No, it’s not like the ’90s female tennis player Monica. It’s more like the answer (in non-plural form) to the question what does a peddler of toilets do for a living? Ok, now that I’ve gotten that out of the way…

 

It’s a strange thing that a protected area be named after a professional hunter, and a stranger thing that it was once a battleground between the Brits and the Germans during World War I. (“A strange place to fight a war”, quips Rolf Baldus in Wild Heart of Africa, a recent, comprehensive book about the Selous Game Reserve.) And what other major park or reserve in Africa has designated areas for both trophy hunting (allowed south of the Rufiji River) and photographic safaris (north of the Rufiji) under the same protected area name?

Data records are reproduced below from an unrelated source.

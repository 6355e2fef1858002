-- ===== src/Io/World.antt =====
-- What the process finds outside: files, a clock, random bytes, and calls that fail.
use remote_exec.Base.{ℕ, suc, Text, Option}
use remote_exec.Base.Int.{ℤ}
use remote_exec.Base.Dict.{Dict}

-- Whole files by path. Directories and permissions are not kept: that a call fails for want of
-- one is a fault below.
pub record World : Type 0 where
  pub files : Dict Text
  -- how many calls the process has made
  pub calls : ℕ

-- A call that fails, and what it leaves. For a read `part` is the data read before the failure,
-- for a write the bytes that the file holds afterwards, if it was opened at all.
pub record Fault : Type 0 where
  pub reason : Text
  pub part : Option Text

-- The environment's answer to the n-th call: any call may fail, any time may pass.
pub record Env : Type 0 where
  pub fault : ℕ → Option Fault
  pub now : ℕ → ℤ
  pub byte : ℕ → ℕ → ℕ
  pub hostname : ℕ → Text

-- The record of a call.
abbrev pub step : World → World
step w = record w { calls = suc w.calls }
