-- ===== src/Tests/Mains.antt =====
-- The main functions of crates/containerd-shim-wasm/src/sandbox/cli.rs and crates/oci-tar-builder at
-- concrete inputs.
use containerd_wasm.Base.{ℕ, ◌+◌, Text, codes, ◌≡◌, refl, none, some, [], ◌∷◌, true, ok, err, panic}
use containerd_wasm.Base.Dict
use containerd_wasm.Otel.{Sdk}
use containerd_wasm.Shim.Main
use containerd_wasm.Shim.Main.{Process, Ended, exit, take_part, trace_context_name, shim_main_inner}
use containerd_wasm.Shim.Main.Traces.{take_part-take_part}
use containerd_wasm.TarBuilder.Image.{Args, Files}
use containerd_wasm.TarBuilder.Command
use containerd_wasm.TarBuilder.Command.{main}
use containerd_wasm.TarBuilder.Artifacts.{main_artifact_of_components}
use containerd_wasm.Tests.Companions.{tools, config, args}

-- The world is the context of the current span, which JSON writes as it is.
abbrev sdk : Sdk Text
sdk = record {
  install_batch = λ e w. (w, ok tt);
  set_text_map_propagator = λ w. w;
  env_filter = λ f. ok tt;
  set_global_default = λ w. (w, ok tt);
  shutdown_tracer_provider = λ w. w;
  inject_context = λ w. (codes "traceparent", w) ∷ [];
  set_parent = λ c w. elim c [ [] ↦ w | entry ∷ entries ↦ entry.1 ];
  to_json = λ c. elim c [ [] ↦ ok [] | entry ∷ entries ↦ ok entry.1 ];
  from_json = λ t. ok ((codes "traceparent", t) ∷ []);
}

abbrev shim_host : Main.Host Text
shim_host = record {
  sdk = sdk;
  is_unicode = λ t. true;
  default_protocol = codes "grpc";
  zygote_init = λ w. w;
  runtime_new = λ w. true;
  args_os = λ w. codes "/bin/containerd-shim-wasmtime-v1" ∷ codes "-v" ∷ [];
  parse = λ flags. ok true;
  print = λ lines w. w;
  run = λ id p. (p, ok tt);
  pid = 1;
  zygote_pid = λ w. ok 2;
  read_to_string = λ w path. some [];
}

abbrev outer : Process Text
outer = record { vars = []; world = codes "span 1" }

take_part-take_part_example :
    let parent = (take_part shim_host outer).0 in
    take_part shim_host (record parent { world = codes "span 2" })
    ≡ (record { vars = parent.vars; world = codes "span 1" }, ok tt)
take_part-take_part_example =
    take_part-take_part shim_host outer (codes "span 2") {ctx = codes "span 1"}
      (unfold Dict.get in refl) refl refl refl

version_run :
    (shim_main_inner shim_host (codes "wasmtime") (codes "1.0") none none outer).1 ≡ err (exit 0)
unfolding shim_main_inner Dict.get
version_run = refl

abbrev tar_files : Files
tar_files = record { try_digest = λ path. ok path; digest = λ text. text; read_dir = λ path. ok [] }

abbrev tar_host : Command.Host ℕ ℕ
tar_host = record {
  tools = tools;
  files = tar_files;
  image_oci = record {
    os = λ c. codes "wasip1";
    architecture = λ c. codes "wasm";
    to_string = λ c. codes "{}";
  };
  artifact_oci = config;
  print = λ text w. w + 1;
  count_dir = λ path w. ok 1;
  from_component = λ path w. (w, err (codes "Is a directory"));
  from_module = λ path w. (w, ok 5);
  wasm_manifest_config_media_type = codes "config";
  wasm_layer_media_type = codes "layer";
  parent = λ path. some (codes "/");
  create_dir_all = λ path w. (w, ok tt);
  current_dir = λ w. (w, ok (codes "/"));
  create_file = λ path w. (w, ok tt);
  write_archive = λ path s w. w;
  remove_file = λ path w. (w, ok tt);
}

abbrev of_components : Args
of_components = record args { modules = []; components = some (codes "/parts"); as_artifact = true }

main_artifact_of_components_example :
    (main tar_host (some (codes "/out.tar")) of_components 0).1 ≡ panic
main_artifact_of_components_example =
    main_artifact_of_components tar_host (codes "/out.tar") of_components (codes "/parts") 0 refl
      refl refl (λ n v v' e. (codes "Is a directory", refl))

In fact, strange – and wonderful – would become the recurring theme of my first foray into the Selous. Or as Craig would put it, everything is a bit different here – and awesome.

 

“Low-lying”. “Hot”. “Humid”. These bandied-about descriptions of the Selous conjure up green floodplains and palm trees. So, it is to my surprise that the drive from the Mtemere airstrip to Selous Impala Camp first skirts drab, bone-dry scrubland. Until we near one of the oxbow lakes formed by the Rufiji River or the River itself, we shall remain in the bone-dry, though the two characteristic trees of this part of the Selous, Terminalia spinosa and Acacia zanzibarica, quell the drab half way into the drive. The former, with its stiff, layered branches and brilliant green leaves, is reminiscent of a Christmas tree. The latter, with light branches blanketed in long, white thorns, evoke a White Christmas. “No place I know in Africa looks like this,” to Craig declare I.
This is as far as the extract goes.